Timothy: Sensors are a big deal at CES this year. They are small devices that track everything from the location of your pets to how many steps you have taken today. I talked to Philipp Bolliger. He has founded a company called Koubachi AG. It is a Swiss company and they are only selling one product right now. It is a small sensor that can detect certain parameters of plant health and wirelessly transmit that information to your computer. Bolliger is an engineer by trade with computer background, but he says he does not have a green thumb.

Philipp: Koubachi is a plant care assistant that tells you when and how to care for your plants. It is an iPhone app that you can download in the App Store. You can use it on your iPhone or your iPad; if you don’t have an iPad you can also use the web app which works on Linux, Android all the different devices. And what Koubachi does is: It sends you a push notification or an email when your plant needs to be taken care of. So you don’t have to worry anymore about how to take care of your plant; Koubachi will just tell you. You can get started for free. Just download the app, choose your plants from the large library, we have all the plant types in here.

I will show it again. So in the library, all the plant types are in here; if you don’t know how to do that, if you don’t know the name, we also have a wizard which helps you do that. Once you find out what your plant is, you just set it up once and you get notifications right away. If you have a precious plant or a more expensive plant, you maybe want to add the sensor. The Wi-Fi plant sensor that we developed measures the soil moisture, the light intensity and the temperature. The cool thing about it is: It is battery powered but it is Wi-Fi. So you just put it into the plant, you set it up once, and it measures these three things continuously. So it continuously measures all of that. And no matter where you are in the world, we know the vitality status of your plant and send you a notification whenever it needs to be taken care of.

Timothy: Do you have to subscribe to your service to do that, to get your Wi-Fi notification?

Philipp: No. It does it all for free. You can start with the app for free, and if you buy the sensor the service will be free for lifetime.

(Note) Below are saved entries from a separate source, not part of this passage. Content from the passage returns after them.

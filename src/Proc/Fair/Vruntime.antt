-- ===== src/Proc/Fair/Vruntime.antt =====
-- Virtual run time, the CFS scheduler, the tick counters and set_cfs_priority.
use xv6_riscv_private.Common.{
  ℕ, zero, suc, ◌+◌, ◌*◌, ◌/◌, ◌≤◌, ◌<◌, ◌≡◌, inl, inr, refl, ◌∙◌, Bool, true, false, ◌&&◌, Option,
  none, some, ltb, leb, ◌==◌, if◌then◌else◌, ℤ, pos, negsuc, arith, Bool-cases, for_each_lem,
  Option-cases,
}
use xv6_riscv_private.Proc.{ProcState, Proc, Table, nproc, is_active}
use xv6_riscv_private.Proc.Fair.{
  vruntime, lower?, min_vruntime_loop, get_min_vruntime, default_scheduler, cfs_scheduler, tick,
  update_ticks, set_cfs_priority,
}

abbrev pub ticks : Proc → ℕ
ticks p = p.rtime + p.stime + p.retime

-- A process with no tick yet has no virtual run time: the division is by zero.
vruntime-none : (p : Proc) → ticks p ≡ 0 → vruntime p ≡ none
unfolding vruntime
vruntime-none p h = ground arith

self_div : (n : ℕ) → 0 < n → 1 * n / n ≡ 1
self_div n h = grind arith

small_div : (n d : ℕ) → n < d → 1 * n / d ≡ 0
small_div n d h = grind arith

zero_div : (n d : ℕ) → 0 * n / d ≡ 0
zero_div n d = grind arith

-- The virtual run time of a process that has had a tick is 0 or 1: 1 if its priority is 0 and it
-- has run in every tick, and 0 otherwise, whatever its run time. The factors 75, 100 and 125 of
-- the source play no part.
pub vruntime_lem :
    (p : Proc)
    → 0 < ticks p
    → vruntime p ≡ some (if p.cfs_priority == 0 && p.stime + p.retime == 0 then 1 else 0)
unfolding vruntime
vruntime_lem p h = elim (Bool-cases (p.cfs_priority == 0)) [
  | inl high ↦ elim (Bool-cases (p.stime + p.retime == 0)) [
    | inl all ↦ let e : p.rtime ≡ ticks p = ground arith in ground (arith, self_div (ticks p) h)
    | inr part ↦ ground (arith, small_div p.rtime (ticks p))
  ]
  | inr other ↦ ground (arith, zero_div p.rtime (ticks p))
]

-- one round of the loop of `getMinVruntime`
abbrev round : Table → ℕ → ℕ → Option ℕ
round t i m = if is_active (t i).state then lower? m (vruntime (t i)) else some m

min_loop-none :
    (t : Table) (k n i m : ℕ)
    → i ≤ k
    → k < i + n
    → is_active (t k).state ≡ true
    → vruntime (t k) ≡ none
    → min_vruntime_loop n i m t ≡ none
unfolding min_vruntime_loop
min_loop-none t k zero i m l u a z = absurd (omega arith)
min_loop-none t k (suc n) i m l u a z = elim (Option-cases (round t i m)) [
  | inl e ↦ rw e
  | inr (v, e) ↦ elim (Bool-cases (i == k)) [
    | inl q ↦ let q' : i ≡ k = ground arith in absurd (ground (arith, rw q' at e))
    | inr q ↦ rw e (min_loop-none t k n (i + 1) v (ground arith) (omega arith) a z)
  ]
]

get_min_vruntime-none :
    (t : Table) (k : ℕ)
    → k < nproc
    → is_active (t k).state ≡ true
    → ticks (t k) ≡ 0
    → get_min_vruntime t ≡ none
unfolding get_min_vruntime
get_min_vruntime-none t k lt a z =
    min_loop-none t k nproc 0 0 (omega arith) lt a (vruntime-none (t k) z)

-- While some process of the table is runnable or running and has had no tick, as after `fork`, the
-- minimum divides by zero, and with it the CFS scheduler, whichever process it looks at.
pub cfs_scheduler-undefined :
    (t : Table) (k i : ℕ)
    → k < nproc
    → is_active (t k).state ≡ true
    → ticks (t k) ≡ 0
    → (get_min_vruntime t ≡ none) × (cfs_scheduler i t ≡ none)
unfolding cfs_scheduler
cfs_scheduler-undefined t k i lt a z =
    let e = get_min_vruntime-none t k lt a z in (e, rw (e, cfs_scheduler))

-- every runnable or running process has had a tick, and is not one of priority 0 that never waited
abbrev pub HasWaited : Proc → Type 0
HasWaited p = (0 < ticks p) × ((p.cfs_priority == 0 && p.stime + p.retime == 0) ≡ false)

vruntime-zero : (p : Proc) → HasWaited p → vruntime p ≡ some 0
vruntime-zero p (h, w) = vruntime_lem p h ∙ rw w

min_loop-zero :
    (t : Table)
    → ((j : ℕ) → is_active (t j).state ≡ true → HasWaited (t j))
    → (n i : ℕ) → min_vruntime_loop n i 0 t ≡ some 0
unfolding min_vruntime_loop
min_loop-zero t w zero i = refl
min_loop-zero t w (suc n) i = elim (Bool-cases (is_active (t i).state)) [
  | inl a ↦ rw (a, vruntime-zero (t i) (w i a)) (min_loop-zero t w n (i + 1))
  | inr a ↦ rw a (min_loop-zero t w n (i + 1))
]

get_min_vruntime-zero :
    (t : Table)
    → ((j : ℕ) → is_active (t j).state ≡ true → HasWaited (t j))
    → get_min_vruntime t ≡ some 0
unfolding get_min_vruntime
get_min_vruntime-zero t w = min_loop-zero t w nproc 0

-- Once every runnable or running process has waited, on each of them the CFS scheduler is
-- the default scheduler: a runnable one is switched to, whatever its run time and its priority.
pub cfs_scheduler-eq-default :
    (t : Table)
    → ((j : ℕ) → is_active (t j).state ≡ true → HasWaited (t j))
    → (i : ℕ) → is_active (t i).state ≡ true
    → cfs_scheduler i t ≡ some (default_scheduler i t)
unfolding cfs_scheduler default_scheduler
cfs_scheduler-eq-default t w i a =
    rw (get_min_vruntime-zero t w, vruntime-zero (t i) (w i a), cfs_scheduler) (ground arith)

abbrev pub is_counted : ProcState → Bool
is_counted ProcState.unused = false
is_counted ProcState.used = false
is_counted ProcState.zombie = false
is_counted _ = true

ticks-tick : (p : Proc) → ticks (tick p) ≡ ticks p + (if is_counted p.state then 1 else 0)
unfolding tick
ticks-tick p = ground arith

-- `update_ticks` gives each of the 64 processes exactly one tick of its kind, and the total of its
-- three counters grows by one exactly if it is sleeping, runnable or running.
pub update_ticks_lem :
    (t : Table) (j : ℕ)
    → j < nproc
    → (update_ticks t j ≡ tick (t j))
      × (ticks (update_ticks t j) ≡ ticks (t j) + (if is_counted (t j).state then 1 else 0))
unfolding update_ticks
update_ticks_lem t j lt =
    let e : (leb 0 j && ltb j (0 + nproc)) ≡ true = ground arith in
    let q = for_each_lem nproc 0 tick t j ∙ rw e in (q, rw q (ticks-tick (t j)))

-- `set_cfs_priority` stores 0, 1 or 2, and ignores any other value; it returns 0 in both cases.
pub set_cfs_priority_lem :
    (priority : ℤ) (p : Proc)
    → p.cfs_priority ≤ 2
    → ((set_cfs_priority priority p).0.cfs_priority ≤ 2)
      × ((set_cfs_priority priority p).1 ≡ pos 0)
      × (record (set_cfs_priority priority p).0 { cfs_priority = p.cfs_priority } ≡ p)
unfolding set_cfs_priority
set_cfs_priority_lem (pos n) p h = ground arith
set_cfs_priority_lem (negsuc n) p h = (h, refl, refl)
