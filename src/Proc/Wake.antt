-- ===== src/Proc/Wake.antt =====
-- sleep, wakeup, yield and kill of kernel/proc.c, as changes of the process table. `me` is
-- `myproc()`, none on a CPU that runs no process. `sched` switches away between the two halves
-- of `sleep`; what other processes do meanwhile is theirs to model.
pub mod Laws
use xv6_riscv_private.Common.{
  ℕ, zero, suc, ◌+◌, Bool, true, false, ◌&&◌, Option, none, some, ltb, ◌==◌, if◌then◌else◌, update,
  for_each, ℤ, pos, negsuc,
}
use xv6_riscv_private.Proc.{
  ProcState, sleeping, runnable, running, Proc, Table, nproc, is_sleeping, is_proc,
}
use xv6_riscv_private.Proc.Fair.{get_min_accumulator}

-- the first loop of `wakeup`: a tick for each process with a pid above 4
unfoldable pub wake_tick : Proc → Proc
wake_tick p = elim p.state [
  | running ↦ if ltb 4 p.pid then record p { rtime = p.rtime + 1 } else p
  | sleeping ↦ if ltb 4 p.pid then record p { stime = p.stime + 1 } else p
  | runnable ↦ if ltb 4 p.pid then record p { retime = p.retime + 1 } else p
  | _ ↦ p
]

-- the body of the second loop; the minimum is taken once `p` is RUNNABLE
unfoldable pub wake_one : Option ℕ → ℕ → ℕ → Table → Table
wake_one me chan i t =
    let t' = update t i (record (t i) { state = runnable }) in
    let woken = update t' i (record (t' i) { accumulator = get_min_accumulator t' }) in
    if is_proc me i then t else if is_sleeping (t i).state && (t i).chan == chan then woken else t

unfoldable pub wakeup_loop : ℕ → ℕ → Option ℕ → ℕ → Table → Table
wakeup_loop zero i me chan t = t
wakeup_loop (suc n) i me chan t = wakeup_loop n (i + 1) me chan (wake_one me chan i t)

unfoldable pub wakeup : Option ℕ → ℕ → Table → Table
wakeup me chan t = wakeup_loop nproc 0 me chan (for_each nproc 0 wake_tick t)

-- `sleep` up to `sched()`, and after it
unfoldable pub fall_asleep : ℕ → ℕ → Table → Table
fall_asleep i chan t = update t i (record (t i) { chan = chan; state = sleeping })

unfoldable pub after_sleep : ℕ → Table → Table
after_sleep i t = update t i (record (t i) { chan = 0 })

-- `yield` up to `sched()`
unfoldable pub yield_cpu : ℕ → Table → Table
yield_cpu i t = update t i (record (t i) { state = runnable })

-- what `kill` writes to its victim
unfoldable pub kill_one : Proc → Proc
kill_one p =
    let q = record p { killed = true } in
    if is_sleeping p.state then record q { state = runnable } else q

unfoldable pub kill_loop : ℕ → ℕ → ℕ → Table → ℤ × Table
kill_loop zero i pid t = (negsuc 0, t)
kill_loop (suc n) i pid t =
    let rest = kill_loop n (i + 1) pid t in
    if (t i).pid == pid then (pos 0, update t i (kill_one (t i))) else rest

unfoldable pub kill : ℕ → Table → ℤ × Table
kill pid t = kill_loop nproc 0 pid t

unfoldable pub setkilled : ℕ → Table → Table
setkilled i t = update t i (record (t i) { killed = true })

unfoldable pub killed : ℕ → Table → Bool
killed i t = (t i).killed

Timothy: How did you come to this idea?

Philipp: Well, I have the very same problem myself. When I first had a very big plant, I was surprised at how expensive it is, and I tried to figure out how to do that, because I don’t have a green thumb. I don’t know how to do that. So I tried to figure out – there must be a simpler solution than just buying books, or looking it up on the internet and creating calendars. And that is why I created Koubachi.

Timothy: What is your background, to create this piece of hardware; are you a programmer are you an engineer?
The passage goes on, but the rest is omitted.